Zum Hauptinhalt springen

Bundesrat will 480 neue Beamte

Eigentlich will der Bundesrat ja sparen. Im Budget 2011 merkt man allerdings wenig von dieser Absicht: Die Regierung möchte vor allem im Justiz- und im Finanzdepartement zahlreiche neue Jobs schaffen.

Schengen-Abkommen als Hauptgrund: Das Justizdepartement braucht zusätzliches Personal.
Schengen-Abkommen als Hauptgrund: Das Justizdepartement braucht zusätzliches Personal.
Keystone

Der Bund will sein Personal nächstes Jahr um nicht weniger als 440 bis 480 Stellen aufstocken. Dieser Personalausbau soll 76 Millionen Franken kosten. Das ist dem vom Bundesrat verabschiedeten Voranschlag für 2011 zu entnehmen.

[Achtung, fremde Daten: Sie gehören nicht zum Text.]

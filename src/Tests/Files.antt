-- ===== src/Tests/Files.antt =====
-- The theorems about operations.c at concrete inputs.
use server_client.Common.{
  ℕ, ◌≡◌, refl, subst, sym, Option, none, some, List, [], ◌∷◌, ℤ, pos, minus_one, arith, count,
  take, drop, length, inl, inr,
}
use server_client.Memory.{load, store}
use server_client.Memory.Laws.{overwrite}
use server_client.State.{FsState}
use server_client.State.Directory.{entry_inumber}
use server_client.State.Invariant.{Inv}
use server_client.Operations.{
  Tfs, destroy, all_return_zero, tfs_open, tfs_close, tfs_write, tfs_read,
}
use server_client.Operations.Init.{tfs_init-Inv}
use server_client.Operations.Open.{tfs_open_unsynchronized}
use server_client.Operations.Open.Naming.{
  CreateOutcome, open-CreateOutcome, open_no_slash, root_path,
}
use server_client.Operations.Open.Existing.{ExistingOutcome, open-ExistingOutcome}
use server_client.Operations.Counting.{
  IsCounted, tfs_open-IsCounted, tfs_close-IsCounted, tfs_close_refused,
}
use server_client.Operations.Shutdown.{
  Call, opens, closes, EndsWell, perform_all, perform, tfs_destroy_after_all_closed,
  tfs_destroy_after_all_closed-EndsWell,
}
use server_client.Operations.Transfer.{
  tfs_write_unsynchronized, tfs_read_unsynchronized, set_offset,
}
use server_client.Operations.Transfer.Write.{contents, offset_of}
use server_client.Operations.Transfer.Effect.{file_of, IsOpenAt, WriteEffect}
use server_client.Operations.Write.{writable, tfs_write-WriteEffect}
use server_client.Operations.Read.{readable, Advanced, tfs_read-contents}
use server_client.Operations.Open.Isolation.{contents-tfs_open_unsynchronized}
use server_client.Operations.Reload.{tfs_read-tfs_write}
use server_client.Operations.Faults.{tfs_read_past_end, tfs_write_unopened}
use server_client.Tests.Runs.{static_tfs, started, opened, name, reopened}

tfs_init-Inv_example :
    (started.open_files ≡ pos 0) × (entry_inumber started.fs.fs_data 0 7 ≡ minus_one)
tfs_init-Inv_example = let r = tfs_init-Inv static_tfs in (r.3, r.5 7 (omega arith))

started-IsCounted : IsCounted started
unfolding reopened count
started-IsCounted = ((tfs_init-Inv static_tfs).1, refl)

tfs_open-IsCounted_example : IsCounted opened
tfs_open-IsCounted_example =
    tfs_open-IsCounted all_return_zero started name (pos 1) started-IsCounted

pub opened-IsCounted : IsCounted opened
opened-IsCounted = tfs_open-IsCounted all_return_zero started name (pos 1) started-IsCounted

tfs_close-IsCounted_example : IsCounted (tfs_close all_return_zero opened (pos 0)).0
unfolding reopened
tfs_close-IsCounted_example =
    tfs_close-IsCounted all_return_zero opened 0 opened-IsCounted (omega arith) refl

-- "f1"
abbrev rest : List ℕ
rest = b'f' ∷ b'1' ∷ []

open-CreateOutcome_example :
    CreateOutcome started.fs rest (tfs_open_unsynchronized started.fs (root_path rest) (pos 1))
unfolding reopened
open-CreateOutcome_example =
    open-CreateOutcome started.fs started-IsCounted.0 rest (omega arith) (omega arith) (omega arith)
      refl (pos 1) refl

open-ExistingOutcome_example :
    ExistingOutcome opened.fs 1 (pos 2) (tfs_open_unsynchronized opened.fs name (pos 2))
unfolding reopened
open-ExistingOutcome_example = open-ExistingOutcome opened.fs name (pos 2) 1 opened-IsCounted.0 refl

pub opened-IsOpenAt : IsOpenAt opened.fs 0
unfolding reopened
opened-IsOpenAt = (omega arith, refl, omega arith)

tfs_write-WriteEffect_example :
    (r : FsState) × (ret : ℤ) × (tfs_write all_return_zero opened (pos 0) (7 ∷ 8 ∷ 9 ∷ []) 2
      ≡ some (record opened { fs = r }, ret))
    × WriteEffect opened.fs 0 (writable opened.fs 0 2) (7 ∷ 8 ∷ 9 ∷ []) r ret
tfs_write-WriteEffect_example =
    tfs_write-WriteEffect opened 0 (7 ∷ 8 ∷ 9 ∷ []) 2 opened-IsCounted.0 opened-IsOpenAt
      (omega arith) (omega arith)

-- The file "/f1" after ten bytes are written through the handle 0, and after a second handle on
-- it, 1, is opened at its start.
abbrev ten : List ℕ
ten = 1 ∷ 2 ∷ 3 ∷ 4 ∷ 5 ∷ 6 ∷ 7 ∷ 8 ∷ 9 ∷ 10 ∷ []

abbrev or_else : Option (Tfs × ℤ) → Tfs
or_else none = opened
or_else (some (t, r)) = t

abbrev filled : Tfs
filled = or_else (tfs_write all_return_zero opened (pos 0) ten 10)

abbrev pub shared : Tfs
shared = (tfs_open all_return_zero filled name (pos 0)).0

filled-Inv : Inv filled.fs
filled-Inv =
    let (r, ret, e, effect) =
      tfs_write-WriteEffect opened 0 ten 10 opened-IsCounted.0 opened-IsOpenAt (omega arith)
        (omega arith) in
    subst (λ o. Inv (or_else o).fs) (sym e) effect.0

filled-IsCounted : IsCounted filled
unfolding reopened count
filled-IsCounted = (filled-Inv, refl)

pub shared-Inv : Inv shared.fs
shared-Inv = (tfs_open-IsCounted all_return_zero filled name (pos 0) filled-IsCounted).0

pub shared-IsOpenAt : IsOpenAt shared.fs 1
unfolding reopened
shared-IsOpenAt = (omega arith, refl, omega arith)

tfs_read-contents_example :
    let bytes =
      take
        (readable shared.fs 1 4)
        (drop (offset_of shared.fs 1) (contents shared.fs (file_of shared.fs 1))) in
    (r : FsState) × (tfs_read all_return_zero shared (pos 1) 4
      ≡ some (record shared { fs = r }, pos (readable shared.fs 1 4), bytes))
    × Advanced shared.fs 1 (readable shared.fs 1 4) r
tfs_read-contents_example = tfs_read-contents shared 1 4 shared-Inv shared-IsOpenAt

-- The last handle is closed while `tfs_destroy_after_all_closed` waits for it.
abbrev others : List Call
others = opens name (pos 1) ∷ closes (pos 0) ∷ []

tfs_destroy_after_all_closed-EndsWell_example :
    EndsWell
      (perform_all (record opened { called_destroy = destroy }) others)
      (tfs_destroy_after_all_closed all_return_zero opened others)
unfolding reopened perform
tfs_destroy_after_all_closed-EndsWell_example =
    tfs_destroy_after_all_closed-EndsWell all_return_zero opened others refl opened-IsCounted
      ((0, refl, omega arith, refl), tt)

tfs_close_refused_example : ¬ IsCounted (tfs_close all_return_zero opened (pos 5)).0
unfolding reopened
tfs_close_refused_example =
    (tfs_close_refused opened (pos 5) opened-IsCounted (λ h e b. ground arith)).3

-- "/f1" truncated by a second open, with the handle 0 still at the offset 10.
abbrev cut : Tfs
cut = (tfs_open all_return_zero filled name (pos 2)).0

tfs_read_past_end_example :
    tfs_read_unsynchronized cut.fs (pos 0) 4
    ≡ some (set_offset cut.fs 0 14, pos 4, load cut.fs.fs_data 1034 4)
unfolding reopened
tfs_read_past_end_example =
    tfs_read_past_end cut.fs 0 4 (omega arith) refl (omega arith) refl (omega arith) (omega arith)
      (omega arith) (omega arith)

tfs_write_unopened_example :
    tfs_write_unsynchronized started.fs (pos 3) (255 ∷ 255 ∷ []) 2
    ≡ some (
      set_offset (record started.fs { fs_data = store started.fs.fs_data 0 (255 ∷ 255 ∷ []) }) 3 2,
      pos 2,
    )
unfolding reopened
tfs_write_unopened_example =
    tfs_write_unopened started.fs 3 2 (255 ∷ 255 ∷ []) started-IsCounted.0 (omega arith) refl refl
      (omega arith) (omega arith)

open_no_slash_example :
    CreateOutcome started.fs rest (tfs_open_unsynchronized started.fs (b'x' ∷ rest) (pos 1))
unfolding reopened
open_no_slash_example =
    open_no_slash started.fs started-IsCounted.0 rest (omega arith) (omega arith) (omega arith) refl
      b'x' (pos 1) (omega arith) (λ e. ground arith) refl

tfs_read-tfs_write_example :
    let n = writable opened.fs 0 2 in
    let saved =
      overwrite
        (offset_of opened.fs 0)
        (take n (7 ∷ 8 ∷ 9 ∷ []))
        (contents opened.fs (file_of opened.fs 0)) in
    let bytes = take 5 saved in
    (t1 : Tfs) × (t2 : Tfs) × (t3 : Tfs) × (t4 : Tfs) × (g : ℕ) × (tfs_write all_return_zero opened
        (pos 0)
        (7 ∷ 8 ∷ 9 ∷ [])
        2
      ≡ some (t1, pos n))
    × (tfs_close all_return_zero t1 (pos 0) ≡ (t2, pos 0))
    × (tfs_open all_return_zero t2 name (pos 0) ≡ (t3, pos g))
    × (tfs_read all_return_zero t3 (pos g) 5 ≡ some (t4, pos (length bytes), bytes))
unfolding reopened
tfs_read-tfs_write_example =
    tfs_read-tfs_write opened 0 name (7 ∷ 8 ∷ 9 ∷ []) 2 5 opened-IsCounted.0 refl opened-IsOpenAt
      (inr (900, omega arith, refl)) refl (omega arith) (omega arith)

contents-tfs_open_unsynchronized_example :
    contents (tfs_open_unsynchronized filled.fs (b'/' ∷ b'g' ∷ []) (pos 1)).0 1
    ≡ contents filled.fs 1
unfolding reopened
contents-tfs_open_unsynchronized_example =
    contents-tfs_open_unsynchronized filled.fs filled-Inv 1 (omega arith, refl, omega arith)
      (omega arith) (b'/' ∷ b'g' ∷ []) (pos 1) (inl refl)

Gut die Hälfte des Ausbaus erfolgt laut einem Bericht der «NZZ am Sonntag» auf Wunsch der Departemente. Sie wollen 272 neue Stellen. Darunter finden sich etwa 57 Jobs für das Schengen/Dublin-Abkommen, 21 Stellen im Verteidigungsdepartement (VBS) und Justizdepartement (EJPD) zur Bekämpfung der Internetkriminalität sowie 20 Stellen im Finanzdepartement (EFD).

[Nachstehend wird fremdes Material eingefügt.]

-- ===== src/Tests/Messages.antt =====
-- The theorems about the pipes and the server at concrete inputs.
use server_client.Common.{
  ℕ, ◌<◌, ◌≡◌, refl, ap, sym, ◌∙◌, ◌⊎◌, true, false, some, List, [], ◌∷◌, ◌++◌, arith, length,
  length-take, take, drop, take-append, drop-append, replicate, update, decrement, ℤ, pos,
  minus_one,
}
use server_client.Operations.{Tfs}
use server_client.Memory.{strncpy_bytes}
use server_client.Wire.Text.{digits, int_field, atoi}
use server_client.Wire.Decimal.{atoi-int_field}
use server_client.Wire.Pipes.{Os, ReadResult, failed, got, slait, slait_write_from}
use server_client.Wire.Slait.{IsBounded, SlaitOutcome, slait-SlaitOutcome, slait_overrun}
use server_client.Client.Messages.{
  open_message, close_message, read_message, write_message, unmount_message,
}
use server_client.Server.{
  ServerState, Request, free_pos, taken_pos, returned, stuck, wake, increment_counter,
}
use server_client.Client.{ClientState, tfs_open, tfs_read}
use server_client.Client.Answers.{tfs_open-answer, tfs_read-answer}
use server_client.Server.Sessions.{find_free_pos, no_session}
use server_client.Server.Handlers.{start_session}
use server_client.Server.Threads.{tfs_thread_unmount}
use server_client.Server.Main.{serve}
use server_client.Server.Delivery.{serve-close_message, serve-open_message}
use server_client.Server.Transfers.{serve-read_message, serve-write_message}
use server_client.Server.Deadlock.{start_session_full, serve-unmount_message}
use server_client.Server.Asked.{
  close_request, open_request, read_request, write_request, unmount_request,
}
use server_client.Server.Table.{find_free_pos_lem}

-- A pipe as the bytes in it; what is written goes elsewhere.
abbrev pub pipe_os : Os (List ℕ)
pipe_os = record {
  read_pipe = λ w fh n. (drop n w, got (take n w));
  write_pipe = λ w fh bytes. (w, pos (length bytes));
  open_pipe = λ w name. (w, pos 7);
  close_pipe = λ w fh. (w, true);
}

abbrev Holds : List ℕ → List ℕ → Type 0
Holds w bytes = w ≡ bytes

pipe_gives :
    (w bytes rest : List ℕ)
    → Holds w (bytes ++ rest)
    → ((pipe_os.read_pipe w (pos 3) (length bytes)).1 ≡ got bytes)
      × Holds (pipe_os.read_pipe w (pos 3) (length bytes)).0 rest
pipe_gives w bytes rest holds = (
  ap (λ v. got (take (length bytes) v)) holds ∙ ap got (take-append (length bytes) bytes rest refl),
  ap (drop (length bytes)) holds ∙ drop-append (length bytes) bytes rest refl,
)

abbrev got_bytes : ReadResult → List ℕ
got_bytes failed = []
got_bytes (got bytes) = bytes

abbrev idle : Request
idle = record {
  op_code = pos 0;
  fcli = pos 0;
  fhandler = pos 0;
  len = 0;
  flags = pos 0;
  name = [];
  to_write = [];
}

-- The server after `server_init`, with its pipe open as 3.
abbrev pub server : ServerState
server = record {
  fserv = pos 3;
  counter_operations = 0;
  open_sessions = pos 1;
  sessions = λ i. no_session;
  free_sessions = λ i. free_pos;
  slaves = λ i. record { session_id = pos i; wake_up = false; request = idle };
  global_locked = false;
}

abbrev pub full : ServerState
full = record server { open_sessions = pos 9; free_sessions = λ i. taken_pos }

abbrev pub open_again : List ℕ → List ℕ × ℤ
open_again w = (w, pos 3)

pipe-IsBounded : IsBounded pipe_os
pipe-IsBounded w fh len bytes e = rw (sym (ap got_bytes e)) (omega (arith, length-take len w))

slait-SlaitOutcome_example : SlaitOutcome 4 (slait pipe_os (1 ∷ 2 ∷ []) (pos 3) 4)
slait-SlaitOutcome_example = slait-SlaitOutcome pipe_os pipe-IsBounded (1 ∷ 2 ∷ []) (pos 3) 4

atoi-int_field_example : atoi (int_field (pos 42) ++ (b'9' ∷ [])) ≡ pos 42
atoi-int_field_example = atoi-int_field 42 (b'9' ∷ []) (omega arith)

-- A pipe that gives out one piece per `read`.
abbrev next_piece : List (List ℕ) → List (List ℕ) × ReadResult
next_piece [] = ([], got [])
next_piece (bytes ∷ pieces) = (pieces, got bytes)

abbrev piece_os : Os (List (List ℕ))
piece_os = record {
  read_pipe = λ w fh n. next_piece w;
  write_pipe = λ w fh bytes. (w, pos (length bytes));
  open_pipe = λ w name. (w, pos 7);
  close_pipe = λ w fh. (w, true);
}

slait_overrun_example :
    (w : List (List ℕ)) × (slait piece_os ((1 ∷ []) ∷ ((2 ∷ 3 ∷ []) ∷ [])) (pos 3) 2
      ≡ some (w, 1 ∷ 2 ∷ 3 ∷ [], pos 2))
    × (2 < 3)
slait_overrun_example =
    slait_overrun piece_os ((1 ∷ []) ∷ ((2 ∷ 3 ∷ []) ∷ [])) (pos 3) 2 (1 ∷ []) (2 ∷ 3 ∷ []) refl
      (omega arith) (omega arith) refl refl

abbrev after : List ℕ
after = b'1' ∷ []

serve-close_message_example :
    (w : List ℕ) × (serve pipe_os open_again false 1 []
        (close_message (pos 0) (pos 2) ++ after)
        server
      ≡ returned (w, increment_counter (wake server 0 (close_request server 0 2))))
    × Holds w after
serve-close_message_example =
    serve-close_message pipe_os (pos 3) Holds pipe_gives open_again false 1 []
      (close_message (pos 0) (pos 2) ++ after) server 0 2 after refl (omega arith) (omega arith)
      refl

-- "/f1" and zeros, 40 bytes.
abbrev path : List ℕ
path = b'/' ∷ b'f' ∷ b'1' ∷ replicate 37 0

serve-open_message_example :
    (w : List ℕ) × (serve pipe_os open_again false 1 []
        (open_message (pos 0) path (pos 1) ++ after)
        server
      ≡ returned (w, increment_counter (wake server 0 (open_request server 0 path 1))))
    × Holds w after
serve-open_message_example =
    serve-open_message pipe_os (pos 3) Holds pipe_gives open_again false 1 []
      (open_message (pos 0) path (pos 1) ++ after) server 0 path 1 after refl (omega arith)
      (omega arith) (omega arith) refl

serve-read_message_example :
    (w : List ℕ) × (serve pipe_os open_again false 1 []
        (read_message (pos 0) (pos 2) 30 ++ after)
        server
      ≡ returned (w, increment_counter (wake server 0 (read_request server 0 2 30))))
    × Holds w after
serve-read_message_example =
    serve-read_message pipe_os (pos 3) Holds pipe_gives open_again false 1 []
      (read_message (pos 0) (pos 2) 30 ++ after) server 0 2 30 after refl (omega arith)
      (omega arith) (omega arith) refl

serve-write_message_example :
    (w : List ℕ) × (serve pipe_os open_again false 1 []
        (write_message (pos 0) (pos 2) (7 ∷ 8 ∷ []) 2 ++ after)
        server
      ≡ returned (w, increment_counter (wake server 0 (write_request server 0 2 (7 ∷ 8 ∷ []) 2))))
    × Holds w after
serve-write_message_example =
    serve-write_message pipe_os (pos 3) Holds pipe_gives open_again false 1 []
      (write_message (pos 0) (pos 2) (7 ∷ 8 ∷ []) 2 ++ after) server 0 2 2 (7 ∷ 8 ∷ []) after refl
      (omega arith) (omega arith) (omega arith) (omega arith) refl

serve-unmount_message_example :
    (w : List ℕ) × (serve pipe_os open_again false 1 [] (unmount_message (pos 4) ++ after) server
      ≡ returned (
        w,
        record (wake server 4 (unmount_request server 4)) {
          open_sessions = decrement server.open_sessions;
        },
      ))
    × Holds w after
serve-unmount_message_example =
    serve-unmount_message pipe_os (pos 3) Holds pipe_gives open_again false 1 []
      (unmount_message (pos 4) ++ after) server 4 after refl (omega arith) refl (λ e. ground arith)
      refl

start_session_full_example :
    let s' : ServerState = record full { global_locked = true } in
    (start_session pipe_os [] full (pos 7) ≡ returned ([], s'))
    × (find_free_pos s' ≡ stuck)
    × ((v : List ℕ) (t : Tfs) (i : ℕ) → true ≡ true → tfs_thread_unmount pipe_os v s' t i ≡ stuck)
unfolding slait_write_from strncpy_bytes digits
start_session_full_example =
    start_session_full pipe_os [] [] full (pos 7) (pos 4) refl (λ j below. refl) refl

-- The mutex is left locked while nine sessions are open.
abbrev locked : ServerState
locked = record full { global_locked = true }

find_free_pos_lem_example :
    ((k : ℕ) × (k < 10)
      × (server.free_sessions k ≡ free_pos)
      × ((j : ℕ) → j < k → server.free_sessions j ≡ taken_pos)
      × (find_free_pos server
          ≡ returned
              (record server { free_sessions = update server.free_sessions k taken_pos }, pos k)))
    ⊎ (((j : ℕ) → j < 10 → server.free_sessions j ≡ taken_pos)
        × (find_free_pos server ≡ returned (record server { global_locked = true }, minus_one)))
find_free_pos_lem_example = find_free_pos_lem server refl

abbrev client : ClientState
client = record { fcli = pos 3; fserv = pos 5; session_id = pos 0 }

tfs_open-answer_example :
    (w : List ℕ) × (tfs_open pipe_os (int_field (pos 6) ++ after) client path (pos 1)
      ≡ some (w, pos 6))
    × Holds w after
tfs_open-answer_example =
    tfs_open-answer pipe_os (pos 3) Holds pipe_gives (int_field (pos 6) ++ after)
      (int_field (pos 6) ++ after) client path (pos 1) 6 after refl (omega arith) refl refl

abbrev two_bytes : List ℕ
two_bytes = 7 ∷ 8 ∷ []

tfs_read-answer_example :
    (w : List ℕ) × (tfs_read pipe_os (int_field (pos 2) ++ (two_bytes ++ after)) client (pos 6) 9
      ≡ some (w, pos 2, two_bytes))
    × Holds w after
tfs_read-answer_example =
    tfs_read-answer pipe_os (pos 3) Holds pipe_gives (int_field (pos 2) ++ (two_bytes ++ after))
      (int_field (pos 2) ++ (two_bytes ++ after)) client (pos 6)
      (pos (length (read_message (pos 0) (pos 6) 9))) 9 two_bytes after refl (omega arith) refl refl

Das Bundesamt für Zivilluftfahrt (Bazl) im Infrastrukturdepartement (Uvek) soll 14 neue Stellen erhalten. Auch das Volkswirtschaftsdepartement (EVD) braucht mehr Beamte. Der Grund: Künftig müssen jungen Männer, die Zivildienst machen wollen, ernsthafte Gründe darlegen, weshalb sie keinen Militärdienst leisten können.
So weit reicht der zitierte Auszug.